◆ Work request
Copy out all the lines in the records that include the word "does".

[Stored records]
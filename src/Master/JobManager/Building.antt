-- ===== src/Master/JobManager/Building.antt =====
-- JobManager::BuildAndPushJob (master/job_manager.cpp): jobs of the history and of cron.
use prun.Base.{
  ℕ, suc, ◌+◌, Bool, true, false, Option, none, some, List, [], ◌∷◌, Text, codes, ltb, leb,
  is_empty, if◌then◌else◌,
}
use prun.Base.Int.{ℤ, pos, negsuc}
use prun.Master.JobStore.{update}
use prun.Master.JobQueue
use prun.Master.Timeouts.{push}
use prun.Master.JobManager.Descriptions.{Ptree, Outside, NewJob, create_job}
use prun.Master.JobManager.Graphs.{MetaJob, create_meta_job}
use prun.Master.JobManager.{
  Manager, new_job, cron_job, cron_meta_job, call, register_job_name, set_job_id, set_group,
  ids_from, all_to_queue, push_timeouts, to_queue, push_timeout, settle_each,
}

-- The loop over the jobs from the history, from the id `i` on
unfoldable pub keep_ids : ℕ → ℕ → List NewJob → Manager → Manager
unfolding register_job_name update
keep_ids g i [] m = m
keep_ids g i (j ∷ js) m =
    let m' = register_job_name j.name m in
    keep_ids g (suc i) js
      (set_job_id g i j (record m' { job_id = if leb (m.job_id + 1) i then i + 1 else m.job_id }))

-- That loop when the jobs come from cron
unfoldable pub next_ids : ℕ → List NewJob → Manager → Manager
unfolding update
next_ids g [] m = m
next_ids g (j ∷ js) m = next_ids g js (set_job_id g m.job_id j (record m { job_id = m.job_id + 1 }))

-- What follows that loop, for jobs with the ids from `i` on
unfoldable pub enqueue : ℕ → ℕ → ℕ → MetaJob → Manager → Manager
unfolding ids_from update JobQueue.push_jobs settle_each push_timeouts
enqueue second now i mj m =
    let g = m.num_job_groups in
    let ids = ids_from i mj.jobs in
    let m' : Manager = record m { num_job_groups = g + 1 } in
    push_timeouts second now i mj.jobs (call new_job (all_to_queue g ids (set_group g mj ids m')))

-- The branch of a meta job that is not empty, from the history
unfoldable pub restore_meta : ℕ → ℕ → ℕ → MetaJob → Manager → Manager
unfolding register_job_name keep_ids enqueue
restore_meta second now i mj m =
    enqueue second now i mj (keep_ids m.num_job_groups i mj.jobs (register_job_name mj.name m))

-- The branch of a meta job that is not empty, of cron
unfoldable pub start_meta : ℕ → ℕ → Bool → MetaJob → Manager → Manager
unfolding next_ids enqueue
start_meta second now planned mj m =
    if planned
    then enqueue second now m.job_id mj (next_ids m.num_job_groups mj.jobs m)
    else call (cron_meta_job mj) m

-- The branch of a single job from the history: the timeout is registered for the id that `jobId++`
-- leaves.
unfoldable pub restore_job : ℕ → ℕ → ℕ → NewJob → Manager → Manager
unfolding register_job_name update JobQueue.push_job settle_each push
restore_job second now i j m =
    let m' = register_job_name j.name m in
    push_timeout second now (i + 1) j (
      call new_job (
        to_queue i (
          set_job_id m.num_job_groups i j
            (record m' { job_id = if leb m.job_id i then i + 1 else m.job_id }))))

-- The branch of a single job of cron. Its timeout is registered for the negative id that was passed
-- in: no job has it, so that the entry, which does nothing, is left out.
unfoldable pub start_job : Bool → NewJob → Manager → Manager
unfolding update JobQueue.push_job settle_each
start_job planned j m =
    let i = m.job_id in
    if planned
    then call new_job (to_queue i (set_job_id m.num_job_groups i j (record m { job_id = i + 1 })))
    else call (cron_job j) m

abbrev pub if_made : Option MetaJob → (MetaJob → Manager → Manager) → Manager → Manager
if_made none f m = m
if_made (some mj) f m = if is_empty mj.jobs then m else f mj m

abbrev pub if_created : Option NewJob → (NewJob → Manager → Manager) → Manager → Manager
if_created none f m = m
if_created (some j) f m = f j m

-- BuildAndPushJob, of a description that read_json takes
abbrev pub build_read : ℕ → ℕ → Outside → ℤ → Text → Bool → Ptree → Manager → Manager
build_read second now out (pos i) text planned t m =
    if ltb 0 (t.count (codes "graph"))
    then if_made (create_meta_job out m.jobs_dir m.job_names text true) (restore_meta second now i)
        m
    else if_created (create_job out m.jobs_dir m.job_names text true) (restore_job second now i) m
build_read second now out (negsuc n) text planned t m =
    if ltb 0 (t.count (codes "graph"))
    then if_made (create_meta_job out m.jobs_dir m.job_names text false)
        (start_meta second now planned) m
    else if_created (create_job out m.jobs_dir m.job_names text false) (start_job planned) m

-- BuildAndPushJob
unfoldable pub build_and_push_job : ℕ → ℕ → Outside → ℤ → Text → Bool → Manager → Manager
unfolding create_meta_job create_job restore_meta start_meta restore_job start_job
build_and_push_job second now out i text planned m = elim (out.read_json text) [
  | none ↦ m
  | some t ↦ build_read second now out i text planned t m
]
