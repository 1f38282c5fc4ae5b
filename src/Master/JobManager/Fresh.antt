-- ===== src/Master/JobManager/Fresh.antt =====
-- The ids that JobManager gives are new, and stay below the next one, whatever jobs come from
-- clients, from the history and from cron.
use prun.Base.{
  ℕ, suc, ◌+◌, ◌≤◌, ◌<◌, ◌≡◌, refl, ap, ◌∙◌, true, false, ◌&&◌, ◌||◌, List, [], ◌∷◌, Text, ltb, leb,
  length, arith, Bool-cases, inl, inr,
}
use prun.Base.Int.{pos}
use prun.Containers.IntSet
use prun.Containers.IntSet.{IntSet}
use prun.Master.JobStore.{Queue}
use prun.Master.JobQueue
use prun.Master.JobQueue.Consistency.{IsConsistent, push_jobs-IsConsistent}
use prun.Master.JobManager.Descriptions.{NewJob}
use prun.Master.JobManager.Graphs.{MetaJob}
use prun.Master.JobManager.{
  Manager, call, new_job, register_job_name, with_queue, ids_from, give_ids, all_to_queue,
  set_job_id, set_group, add_first,
}
use prun.Master.JobManager.Building.{keep_ids, next_ids, enqueue}
use prun.Master.JobManager.Ids.{
  Same, settle_each-Same, register-Same, push_timeouts-queue, push_jobs-ids, is_in-ids_from,
  ids_from-AreNew,
}

-- The views of the queue agree, and the ids in it are below the next one.
pub record IsFresh (m : Manager) : Type 0 where
  pub consistent : IsConsistent m.queue
  pub below : (z : ℕ) → IntSet.contains z m.queue.id_to_job ≡ true → z < m.job_id

-- The same jobs are queued and the same ids registered.
abbrev pub SameJobs : Queue → Queue → Type 0
SameJobs q r = (r.jobs ≡ q.jobs) × (r.delayed ≡ q.delayed) × (r.id_to_job ≡ q.id_to_job)

pub SameJobs-IsConsistent : (q r : Queue) → SameJobs q r → IsConsistent q → IsConsistent r
SameJobs-IsConsistent q r (a, b, c) k = record {
  ids_ascend = rw c k.ids_ascend;
  listed_once = λ z. rw (a, b, c) (k.listed_once z);
}

pub same_queue : (q r : Queue) → r ≡ q → SameJobs q r
same_queue q r e = (
  ap (λ (x : Queue). x.jobs) e,
  ap (λ (x : Queue). x.delayed) e,
  ap (λ (x : Queue). x.id_to_job) e,
)

pub with_queue-SameJobs : (q : Queue) (m : Manager) → SameJobs q (with_queue q m).queue
with_queue-SameJobs q m =
    same_queue _ _ (settle_each-Same q.events (record m { queue = record q { events = [] } })).0

-- The ids from `i` on, of so many jobs, are registered in addition to those that were.
abbrev pub Registers : ℕ → List NewJob → Queue → Queue → Type 0
Registers i js q r =
    (z : ℕ)
    → IntSet.contains z r.id_to_job
      ≡ ((leb i z && ltb z (i + length js)) || IntSet.contains z q.id_to_job)

abbrev pub AllNew : ℕ → List NewJob → Queue → Type 0
AllNew i js q = (z : ℕ) → i ≤ z → z < i + length js → IntSet.contains z q.id_to_job ≡ false

pub all_to_queue-IsConsistent :
    (g i : ℕ) (js : List NewJob) (m : Manager)
    → AllNew i js m.queue
    → IsConsistent m.queue
    → IsConsistent (all_to_queue g (ids_from i js) m).queue
      × Registers i js m.queue (all_to_queue g (ids_from i js) m).queue
      × ((all_to_queue g (ids_from i js) m).job_id ≡ m.job_id)
unfolding ids_from
all_to_queue-IsConsistent g i [] m n k = (k, λ z. ground arith, refl)
all_to_queue-IsConsistent g i (j ∷ js) m n k =
    let q = JobQueue.push_jobs i (ids_from (suc i) js) (pos g) m.queue in
    let s = with_queue-SameJobs q m in
    let c =
      push_jobs-IsConsistent i (ids_from (suc i) js) (pos g) m.queue
        (ids_from-AreNew i (j ∷ js) m.queue.id_to_job n) k in
    (
      SameJobs-IsConsistent q _ s c,
      λ z.
          ap (IntSet.contains z) s.2
          ∙ push_jobs-ids i (ids_from (suc i) js) (pos g) m.queue z
          ∙ ap (λ b. b || IntSet.contains z m.queue.id_to_job) (is_in-ids_from i z (j ∷ js)),
      (settle_each-Same q.events (record m { queue = record q { events = [] } })).1,
    )

pub register-SameJobs : (n : Text) (m : Manager) → SameJobs m.queue (register_job_name n m).queue
register-SameJobs n m = same_queue _ _ (register-Same n m).0

-- The loops over new jobs leave what is queued alone, and count the next id.
pub give_ids-job_id :
    (g : ℕ) (js : List NewJob) (m : Manager)
    → SameJobs m.queue (give_ids g js m).queue × ((give_ids g js m).job_id ≡ m.job_id + length js)
unfolding give_ids
give_ids-job_id g [] m = ((refl, refl, refl), omega arith)
give_ids-job_id g (j ∷ js) m =
    let r : Manager = record (register_job_name j.name m) { job_id = m.job_id + 1 } in
    let m' : Manager = set_job_id g m.job_id j r in
    let ((a, b, c), e) = give_ids-job_id g js m' in
    let (x, y, z) = register-SameJobs j.name m in ((a ∙ x, b ∙ y, c ∙ z), omega (arith, e))

pub next_ids-job_id :
    (g : ℕ) (js : List NewJob) (m : Manager)
    → SameJobs m.queue (next_ids g js m).queue × ((next_ids g js m).job_id ≡ m.job_id + length js)
unfolding next_ids
next_ids-job_id g [] m = ((refl, refl, refl), omega arith)
next_ids-job_id g (j ∷ js) m =
    let m' : Manager = set_job_id g m.job_id j (record m { job_id = m.job_id + 1 }) in
    let (s, e) = next_ids-job_id g js m' in (s, omega (arith, e))

pub keep_ids-SameJobs :
    (g i : ℕ) (js : List NewJob) (m : Manager) → SameJobs m.queue (keep_ids g i js m).queue
unfolding keep_ids
keep_ids-SameJobs g i [] m = (refl, refl, refl)
keep_ids-SameJobs g i (j ∷ js) m =
    let (x, y, z) = register-SameJobs j.name m in
    let (a, b, c) = keep_ids-SameJobs g (suc i) js _ in (a ∙ x, b ∙ y, c ∙ z)

pub enqueue-IsConsistent :
    (second now i : ℕ) (mj : MetaJob) (m : Manager)
    → AllNew i mj.jobs m.queue
    → IsConsistent m.queue
    → IsConsistent (enqueue second now i mj m).queue
      × Registers i mj.jobs m.queue (enqueue second now i mj m).queue
      × ((enqueue second now i mj m).job_id ≡ m.job_id)
unfolding enqueue
enqueue-IsConsistent second now i mj m n k =
    let g = m.num_job_groups in
    let ids = ids_from i mj.jobs in
    let m' : Manager = set_group g mj ids (record m { num_job_groups = g + 1 }) in
    let k' : IsConsistent m'.queue = record {
      ids_ascend = k.ids_ascend;
      listed_once = k.listed_once;
    } in
    let (c, r, e) = all_to_queue-IsConsistent g i mj.jobs m' n k' in
    let (t, d) = push_timeouts-queue second now i mj.jobs (call new_job (all_to_queue g ids m')) in
    let u = same_queue _ _ t in
    (SameJobs-IsConsistent _ _ u c, λ z. ap (IntSet.contains z) u.2 ∙ r z, d ∙ e)

pub add_first-Same : (i : ℕ) (js : List NewJob) (m : Manager) → Same m (add_first i js m)
add_first-Same i [] m = (refl, refl, refl, refl)
add_first-Same i (j ∷ js) m = (refl, refl, refl, refl)

-- Ids from the next one on are new.
pub AllNew-next : (m : Manager) (js : List NewJob) → IsFresh m → AllNew m.job_id js m.queue
AllNew-next m js f z a b = elim (Bool-cases (IntSet.contains z m.queue.id_to_job)) [
  | inl e ↦ absurd (omega (arith, f.below z e))
  | inr e ↦ e
]

-- What is registered after new ids, up to the next one, is below it.
pub Registers-below :
    (i n : ℕ) (js : List NewJob) (q r : Queue)
    → Registers i js q r
    → i + length js ≤ n
    → ((z : ℕ) → IntSet.contains z q.id_to_job ≡ true → z < n)
    → (z : ℕ) → IntSet.contains z r.id_to_job ≡ true
    → z < n
Registers-below i n js q r g l b z e = elim (Bool-cases (IntSet.contains z q.id_to_job)) [
  | inl old ↦ b z old
  | inr new ↦ ground (arith, g z)
]

pub Registers-eq :
    (i : ℕ) (js : List NewJob) (p q r : Queue)
    → SameJobs p q
    → Registers i js q r
    → Registers i js p r
Registers-eq i js p q r s g z =
    g z ∙ ap (λ ids. (leb i z && ltb z (i + length js)) || IntSet.contains z ids) s.2

pub AllNew-eq :
    (i : ℕ) (js : List NewJob) (q r : Queue) → SameJobs q r → AllNew i js q → AllNew i js r
AllNew-eq i js q r s n z a b = ap (IntSet.contains z) s.2 ∙ n z a b
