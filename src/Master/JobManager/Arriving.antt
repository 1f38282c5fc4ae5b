-- ===== src/Master/JobManager/Arriving.antt =====
-- PushJob, PushJobs and the cron branches of BuildAndPushJob: the ids that they give are new.
use prun.Base.{
  ℕ, ◌+◌, ◌≡◌, ap, ◌∙◌, true, false, List, [], ◌∷◌, leb, is_empty, length, if◌then◌else◌, arith,
  Bool-cases, inl, inr,
}
use prun.Base.Int.{pos}
use prun.Containers.IntSet
use prun.Master.JobStore.{Queue}
use prun.Master.JobQueue
use prun.Master.JobQueue.Consistency.{IsConsistent, push_job-IsConsistent}
use prun.Master.JobManager.Descriptions.{NewJob}
use prun.Master.JobManager.Graphs.{MetaJob}
use prun.Master.JobManager.{
  Manager, call, new_job, register_job_name, ids_from, give_ids, all_to_queue, push_jobs, push_job,
  to_queue, set_job_id, set_group, add_first,
}
use prun.Master.JobManager.Building.{next_ids, enqueue, start_meta, restore_job}
use prun.Master.JobManager.Ids.{add_name-ids, settle_each-Same, push_timeouts-queue}
use prun.Master.JobManager.Fresh.{
  IsFresh, SameJobs-IsConsistent, same_queue, with_queue-SameJobs, Registers,
  all_to_queue-IsConsistent, give_ids-job_id, next_ids-job_id, add_first-Same, register-SameJobs,
  enqueue-IsConsistent, AllNew-next, Registers-below, Registers-eq, AllNew-eq,
}

-- The ids of a push of these jobs are new, registered with it, and below the next one, which
-- differs from all that are registered.
abbrev pub Arrives : List NewJob → Manager → Manager → Type 0
Arrives js m n =
    IsFresh n × Registers m.job_id js m.queue n.queue × (n.job_id ≡ m.job_id + length js)

arrived :
    (js : List NewJob) (m n : Manager)
    → IsFresh m
    → IsConsistent n.queue
    → Registers m.job_id js m.queue n.queue
    → n.job_id ≡ m.job_id + length js
    → Arrives js m n
arrived js m n f c r e = (
  record {
    consistent = c;
    below =
        Registers-below m.job_id n.job_id js m.queue n.queue r (omega (arith, e))
          (λ z i. omega (arith, f.below z i, e));
  },
  r,
  e,
)

full-Arrives :
    (second now : ℕ) (mj : MetaJob) (m : Manager)
    → IsFresh m
    → is_empty mj.jobs ≡ false
    → Arrives mj.jobs m (push_jobs second now mj m)
unfolding push_jobs
full-Arrives second now mj m f e =
    let i = m.job_id in
    let g = m.num_job_groups in
    let ids = ids_from i mj.jobs in
    let m0 : Manager = set_group g mj ids (record m { num_job_groups = g + 1 }) in
    let (s, d) = give_ids-job_id g mj.jobs m0 in
    let m' : Manager = give_ids g mj.jobs m0 in
    let c = SameJobs-IsConsistent m.queue m'.queue s f.consistent in
    let n = AllNew-eq i mj.jobs m.queue m'.queue s (AllNew-next m mj.jobs f) in
    let (k, r, j) = all_to_queue-IsConsistent g i mj.jobs m' n c in
    let a = add_first-Same i mj.jobs (all_to_queue g ids m') in
    let (t, b) =
      push_timeouts-queue second now i mj.jobs
        (call new_job (add_first i mj.jobs (all_to_queue g ids m'))) in
    let u = same_queue _ _ (t ∙ a.0) in
    rw (e, push_jobs)
      (arrived mj.jobs m _ f (SameJobs-IsConsistent _ _ u k)
        (λ z.
          ap (IntSet.contains z) u.2
          ∙ Registers-eq i mj.jobs m.queue m'.queue (all_to_queue g ids m').queue s r z)
        (b ∙ a.1 ∙ j ∙ d))

empty-Arrives : (js : List NewJob) (m : Manager) → IsFresh m → is_empty js ≡ true → Arrives js m m
empty-Arrives [] m f e = (f, λ z. ground arith, omega arith)
empty-Arrives (j ∷ js) m f e = absurd (ground arith)

-- If the views of the queue agree and all ids in it are below the next one, they do so after
-- PushJobs; its jobs are registered with the next ids, which were not registered, and nothing else
-- changes in what is registered.
pub push_jobs-Arrives :
    (second now : ℕ) (mj : MetaJob) (m : Manager)
    → IsFresh m
    → Arrives mj.jobs m (push_jobs second now mj m)
unfolding push_jobs
push_jobs-Arrives second now mj m f = elim (Bool-cases (is_empty mj.jobs)) [
  | inl e ↦ rw (e, push_jobs) (empty-Arrives mj.jobs m f e)
  | inr e ↦ full-Arrives second now mj m f e
]

-- The same of the meta job that a cron handler starts.
start_meta-Arrives :
    (second now : ℕ) (mj : MetaJob) (m : Manager)
    → IsFresh m
    → Arrives mj.jobs m (start_meta second now true mj m)
unfolding start_meta
start_meta-Arrives second now mj m f =
    let (s, d) = next_ids-job_id m.num_job_groups mj.jobs m in
    let m' : Manager = next_ids m.num_job_groups mj.jobs m in
    let c = SameJobs-IsConsistent m.queue m'.queue s f.consistent in
    let n = AllNew-eq m.job_id mj.jobs m.queue m'.queue s (AllNew-next m mj.jobs f) in
    let (k, r, j) = enqueue-IsConsistent second now m.job_id mj m' n c in
    arrived mj.jobs m _ f k
      (Registers-eq m.job_id mj.jobs m.queue m'.queue (enqueue second now m.job_id mj m').queue s r)
      (j ∙ d)

one-Registers :
    (i : ℕ) (j : NewJob) (q r : Queue)
    → r.id_to_job ≡ IntSet.insert i q.id_to_job
    → Registers i (j ∷ []) q r
one-Registers i j q r e z =
    ap (IntSet.contains z) e ∙ IntSet.contains-insert i z q.id_to_job ∙ ground arith

-- A job in the queue, with an id that was not registered
to_queue-IsConsistent :
    (i : ℕ) (j : NewJob) (m : Manager)
    → IntSet.contains i m.queue.id_to_job ≡ false
    → IsConsistent m.queue
    → IsConsistent (to_queue i m).queue
      × Registers i (j ∷ []) m.queue (to_queue i m).queue
      × ((to_queue i m).job_id ≡ m.job_id)
unfolding JobQueue.push_job
to_queue-IsConsistent i j m n k =
    let g = pos m.num_job_groups in
    let q = JobQueue.push_job i g m.queue in
    let s = with_queue-SameJobs q m in
    let r = JobQueue.register g i m.queue in
    (
      SameJobs-IsConsistent q _ s (push_job-IsConsistent i g m.queue n k),
      one-Registers i j m.queue (to_queue i m).queue (s.2 ∙ add_name-ids (r.job_of i).name i r),
      (settle_each-Same q.events (record m { queue = record q { events = [] } })).1,
    )

-- The same of PushJob.
pub push_job-Arrives :
    (second now : ℕ) (j : NewJob) (m : Manager)
    → IsFresh m
    → Arrives (j ∷ []) m (push_job second now j m)
unfolding push_job
push_job-Arrives second now j m f =
    let i = m.job_id in
    let r = register_job_name j.name m in
    let s = register-SameJobs j.name m in
    let m' : Manager = set_job_id m.num_job_groups i j (record r { job_id = i + 1 }) in
    let c = SameJobs-IsConsistent m.queue m'.queue s f.consistent in
    let n =
      AllNew-eq i (j ∷ []) m.queue m'.queue s (AllNew-next m (j ∷ []) f) i (omega arith)
        (omega arith) in
    let (k, g, e) = to_queue-IsConsistent i j m' n c in
    arrived (j ∷ []) m _ f k (Registers-eq i (j ∷ []) m.queue m'.queue (to_queue i m').queue s g) e

-- If the views of the queue agree and all ids in it are below the next one, they do so after
-- BuildAndPushJob of a single job of the history whose id is not registered, and just this id is
-- registered in addition.
pub restore_job-IsFresh :
    (second now i : ℕ) (j : NewJob) (m : Manager)
    → IsFresh m
    → IntSet.contains i m.queue.id_to_job ≡ false
    → IsFresh (restore_job second now i j m)
      × Registers i (j ∷ []) m.queue (restore_job second now i j m).queue
unfolding restore_job
restore_job-IsFresh second now i j m f n =
    let r = register_job_name j.name m in
    let s = register-SameJobs j.name m in
    let m' : Manager =
      set_job_id m.num_job_groups i j
        (record r { job_id = if leb m.job_id i then i + 1 else m.job_id }) in
    let c = SameJobs-IsConsistent m.queue m'.queue s f.consistent in
    let (k, g, e) = to_queue-IsConsistent i j m' (ap (IntSet.contains i) s.2 ∙ n) c in
    let t = Registers-eq i (j ∷ []) m.queue m'.queue (to_queue i m').queue s g in
    (
      record {
        consistent = k;
        below =
            Registers-below i _ (j ∷ []) m.queue (to_queue i m').queue t (ground (arith, e))
              (λ z h. ground (arith, f.below z h, e));
      },
      t,
    )
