-- ===== src/Master/JobManager/Restoring.antt =====
-- A meta job of the history (JobManager::BuildAndPushJob): which id the next new job gets.
use prun.Base.{
  ℕ, suc, ◌+◌, ◌-◌, ◌*◌, ◌/◌, ◌≤◌, ◌<◌, ◌≡◌, ◌∙◌, true, List, [], ◌∷◌, length, arith, Bool-cases,
  inl, inr, ◌⊎◌,
}
use prun.Containers.IntSet
use prun.Master.JobQueue.Consistency.{IsConsistent}
use prun.Master.JobManager.Descriptions.{NewJob}
use prun.Master.JobManager.Graphs.{MetaJob}
use prun.Master.JobManager.{Manager, register_job_name}
use prun.Master.JobManager.Building.{keep_ids, enqueue, restore_meta}
use prun.Master.JobManager.Ids.{register-Same}
use prun.Master.JobManager.Fresh.{
  IsFresh, SameJobs, SameJobs-IsConsistent, Registers, AllNew, register-SameJobs, keep_ids-SameJobs,
  enqueue-IsConsistent, Registers-below, Registers-eq, AllNew-eq,
}

-- The next id and the id of the next job are in step: the next job's id does not change the next
-- id, and the one behind it does.
keep_ids_even :
    (g i : ℕ) (js : List NewJob) (m : Manager)
    → m.job_id ≡ i
    → (keep_ids g i js m).job_id ≡ i + 2 * (length js / 2)
unfolding keep_ids
keep_ids_even g i [] m e = omega (arith, e)
keep_ids_even g i (j ∷ []) m e = ground arith
keep_ids_even g i (j ∷ k ∷ js) m e = keep_ids_even g (suc (suc i)) js _ (ground arith) ∙ omega arith

-- The first id is behind the next one: so it changes the next id.
keep_ids_behind :
    (g i : ℕ) (j : NewJob) (js : List NewJob) (m : Manager)
    → m.job_id < i
    → (keep_ids g i (j ∷ js) m).job_id ≡ suc i + 2 * (length js / 2)
unfolding keep_ids
keep_ids_behind g i j js m l = keep_ids_even g (suc i) js _ (ground arith)

keep_ids_count :
    (g i : ℕ) (js : List NewJob) (m : Manager)
    → m.job_id < i
    → 0 < length js
    → (keep_ids g i js m).job_id ≡ suc i + 2 * ((length js + 1) / 2 - 1)
keep_ids_count g i [] m l p = absurd (omega arith)
keep_ids_count g i (j ∷ js) m l p = omega (arith, keep_ids_behind g i j js m l)

-- The manager when BuildAndPushJob has given the ids
abbrev named : MetaJob → ℕ → Manager → Manager
named mj i m = keep_ids m.num_job_groups i mj.jobs (register_job_name mj.name m)

AllNew-from :
    (m : Manager) (i : ℕ) (js : List NewJob) → IsFresh m → m.job_id ≤ i → AllNew i js m.queue
AllNew-from m i js f l z a b = elim (Bool-cases (IntSet.contains z m.queue.id_to_job)) [
  | inl e ↦ absurd (omega (arith, f.below z e))
  | inr e ↦ e
]

restored :
    (second now i : ℕ) (mj : MetaJob) (m : Manager)
    → IsFresh m
    → m.job_id ≤ i
    → IsConsistent (restore_meta second now i mj m).queue
      × Registers i mj.jobs m.queue (restore_meta second now i mj m).queue
      × ((restore_meta second now i mj m).job_id ≡ (named mj i m).job_id)
unfolding restore_meta
restored second now i mj m f l =
    let n = named mj i m in
    let (x, y, z) = register-SameJobs mj.name m in
    let (a, b, c) = keep_ids-SameJobs m.num_job_groups i mj.jobs (register_job_name mj.name m) in
    let s : SameJobs m.queue n.queue = (a ∙ x, b ∙ y, c ∙ z) in
    let (k, r, e) =
      enqueue-IsConsistent second now i mj n
        (AllNew-eq i mj.jobs m.queue n.queue s (AllNew-from m i mj.jobs f l))
        (SameJobs-IsConsistent m.queue n.queue s f.consistent) in
    (k, Registers-eq i mj.jobs m.queue n.queue (enqueue second now i mj n).queue s r, e)

next_behind :
    (mj : MetaJob) (i : ℕ) (m : Manager)
    → m.job_id < i
    → 0 < length mj.jobs
    → (named mj i m).job_id ≡ suc i + 2 * ((length mj.jobs + 1) / 2 - 1)
next_behind mj i m l p =
    keep_ids_count m.num_job_groups i mj.jobs (register_job_name mj.name m)
      (omega (arith, (register-Same mj.name m).1)) p

-- If the views of the queue agree and all ids in it are below the next one, and a meta job of the
-- history, with an even number of jobs that is not zero, has ids behind the next one, then after
-- BuildAndPushJob the next new job gets the id of a job that is registered.
pub restore_meta_collides :
    (second now i k : ℕ) (mj : MetaJob) (m : Manager)
    → IsFresh m
    → length mj.jobs ≡ 2 * k + 2
    → m.job_id < i
    → let n = restore_meta second now i mj m in IntSet.contains n.job_id n.queue.id_to_job ≡ true
restore_meta_collides second now i k mj m f e l =
    let (c, r, d) = restored second now i mj m f (omega arith) in
    let b = next_behind mj i m l (omega arith) in
    let last : (restore_meta second now i mj m).job_id ≡ i + 2 * k + 1 = omega arith in
    r (restore_meta second now i mj m).job_id ∙ ground arith

-- If the views of the queue agree and all ids in it are below the next one, they do so after
-- BuildAndPushJob of a meta job of the history with an odd number of jobs and ids behind the next
-- one, or with an even number of jobs and ids from the next one on; and just these ids are
-- registered in addition.
pub restore_meta-IsFresh :
    (second now i k : ℕ) (mj : MetaJob) (m : Manager)
    → IsFresh m
    → ((length mj.jobs ≡ 2 * k + 1) × (m.job_id < i)) ⊎ ((length mj.jobs ≡ 2 * k) × (m.job_id ≡ i))
    → IsFresh (restore_meta second now i mj m)
      × Registers i mj.jobs m.queue (restore_meta second now i mj m).queue
restore_meta-IsFresh second now i k mj m f (inl (e, l)) =
    let (c, r, d) = restored second now i mj m f (omega arith) in
    let b = next_behind mj i m l (omega arith) in
    (
      record {
        consistent = c;
        below =
            Registers-below i _ mj.jobs m.queue (restore_meta second now i mj m).queue r
              (omega arith) (λ z h. omega (arith, f.below z h));
      },
      r,
    )
restore_meta-IsFresh second now i k mj m f (inr (e, l)) =
    let (c, r, d) = restored second now i mj m f (omega arith) in
    let s = (register-Same mj.name m).1 in
    let b = keep_ids_even m.num_job_groups i mj.jobs (register_job_name mj.name m) (omega arith) in
    (
      record {
        consistent = c;
        below =
            Registers-below i _ mj.jobs m.queue (restore_meta second now i mj m).queue r
              (omega arith) (λ z h. omega (arith, f.below z h));
      },
      r,
    )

◆ Answer box
-- in: no job has it, so that the entry, which does nothing, is left out.
-- The next id and the id of the next job are in step: the next job's id does not change the next
-- id, and the one behind it does.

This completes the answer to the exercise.